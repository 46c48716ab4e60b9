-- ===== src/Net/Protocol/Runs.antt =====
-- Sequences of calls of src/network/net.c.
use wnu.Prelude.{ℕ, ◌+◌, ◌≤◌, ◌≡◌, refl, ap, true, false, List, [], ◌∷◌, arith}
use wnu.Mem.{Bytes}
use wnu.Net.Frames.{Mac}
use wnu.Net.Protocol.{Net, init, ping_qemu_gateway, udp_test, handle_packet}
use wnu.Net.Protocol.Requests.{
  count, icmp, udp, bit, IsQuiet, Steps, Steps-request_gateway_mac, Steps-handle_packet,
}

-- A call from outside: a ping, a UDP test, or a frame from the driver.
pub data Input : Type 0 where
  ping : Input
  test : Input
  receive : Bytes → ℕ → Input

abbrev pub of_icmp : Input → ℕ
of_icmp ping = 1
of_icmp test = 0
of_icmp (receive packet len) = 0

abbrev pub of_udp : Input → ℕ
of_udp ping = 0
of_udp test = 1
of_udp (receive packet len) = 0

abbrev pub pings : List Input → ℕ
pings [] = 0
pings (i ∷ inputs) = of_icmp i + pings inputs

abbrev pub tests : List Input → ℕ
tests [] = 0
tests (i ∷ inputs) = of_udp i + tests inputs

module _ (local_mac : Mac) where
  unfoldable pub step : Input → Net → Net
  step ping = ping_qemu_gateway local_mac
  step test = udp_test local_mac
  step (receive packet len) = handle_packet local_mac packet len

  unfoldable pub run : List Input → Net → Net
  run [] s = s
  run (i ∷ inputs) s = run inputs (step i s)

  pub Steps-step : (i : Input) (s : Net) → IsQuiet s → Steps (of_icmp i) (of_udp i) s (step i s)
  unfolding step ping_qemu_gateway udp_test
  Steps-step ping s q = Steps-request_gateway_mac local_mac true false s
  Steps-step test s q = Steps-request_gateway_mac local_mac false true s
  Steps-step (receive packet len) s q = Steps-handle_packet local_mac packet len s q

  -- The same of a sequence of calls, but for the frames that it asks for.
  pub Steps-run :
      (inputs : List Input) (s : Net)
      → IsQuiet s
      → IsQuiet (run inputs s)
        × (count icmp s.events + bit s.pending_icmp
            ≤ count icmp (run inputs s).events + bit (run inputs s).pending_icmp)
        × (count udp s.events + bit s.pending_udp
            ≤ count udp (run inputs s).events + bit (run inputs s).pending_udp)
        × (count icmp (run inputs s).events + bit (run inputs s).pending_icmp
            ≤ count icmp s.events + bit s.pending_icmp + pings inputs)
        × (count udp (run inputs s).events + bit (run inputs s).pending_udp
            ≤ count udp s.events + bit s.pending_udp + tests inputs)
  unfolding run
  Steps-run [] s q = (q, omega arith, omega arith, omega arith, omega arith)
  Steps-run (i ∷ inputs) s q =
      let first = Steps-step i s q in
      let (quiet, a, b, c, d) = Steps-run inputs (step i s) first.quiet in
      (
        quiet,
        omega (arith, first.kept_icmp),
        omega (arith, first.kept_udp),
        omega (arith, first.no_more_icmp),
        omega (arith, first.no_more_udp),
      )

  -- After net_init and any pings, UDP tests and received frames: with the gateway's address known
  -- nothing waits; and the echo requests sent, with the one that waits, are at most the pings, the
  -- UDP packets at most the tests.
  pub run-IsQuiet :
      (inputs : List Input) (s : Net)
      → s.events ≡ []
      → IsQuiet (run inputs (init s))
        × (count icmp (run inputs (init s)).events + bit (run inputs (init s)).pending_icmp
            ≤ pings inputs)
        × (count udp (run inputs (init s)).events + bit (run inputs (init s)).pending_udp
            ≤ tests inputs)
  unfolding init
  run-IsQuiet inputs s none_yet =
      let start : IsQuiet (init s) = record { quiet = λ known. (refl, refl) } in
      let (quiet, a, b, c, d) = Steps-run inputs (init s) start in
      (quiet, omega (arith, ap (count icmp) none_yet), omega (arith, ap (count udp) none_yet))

> **Problem**
What you return should be exactly the lines above, starting at the one with "pub data Input : Type 0 where" and ending at the one with "Steps-step (receive packet", and nothing else.

> **Answer for this exercise**
pub data Input : Type 0 where
  ping : Input
  test : Input
  receive : Bytes → ℕ → Input

abbrev pub of_icmp : Input → ℕ
of_icmp ping = 1
of_icmp test = 0
of_icmp (receive packet len) = 0

abbrev pub of_udp : Input → ℕ
of_udp ping = 0
of_udp test = 1
of_udp (receive packet len) = 0

abbrev pub pings : List Input → ℕ
pings [] = 0
pings (i ∷ inputs) = of_icmp i + pings inputs

abbrev pub tests : List Input → ℕ
tests [] = 0
tests (i ∷ inputs) = of_udp i + tests inputs

module _ (local_mac : Mac) where
  unfoldable pub step : Input → Net → Net
  step ping = ping_qemu_gateway local_mac
  step test = udp_test local_mac
  step (receive packet len) = handle_packet local_mac packet len

  unfoldable pub run : List Input → Net → Net
  run [] s = s
  run (i ∷ inputs) s = run inputs (step i s)

  pub Steps-step : (i : Input) (s : Net) → IsQuiet s → Steps (of_icmp i) (of_udp i) s (step i s)
  unfolding step ping_qemu_gateway udp_test
  Steps-step ping s q = Steps-request_gateway_mac local_mac true false s
  Steps-step test s q = Steps-request_gateway_mac local_mac false true s
  Steps-step (receive packet len) s q = Steps-handle_packet local_mac packet len s q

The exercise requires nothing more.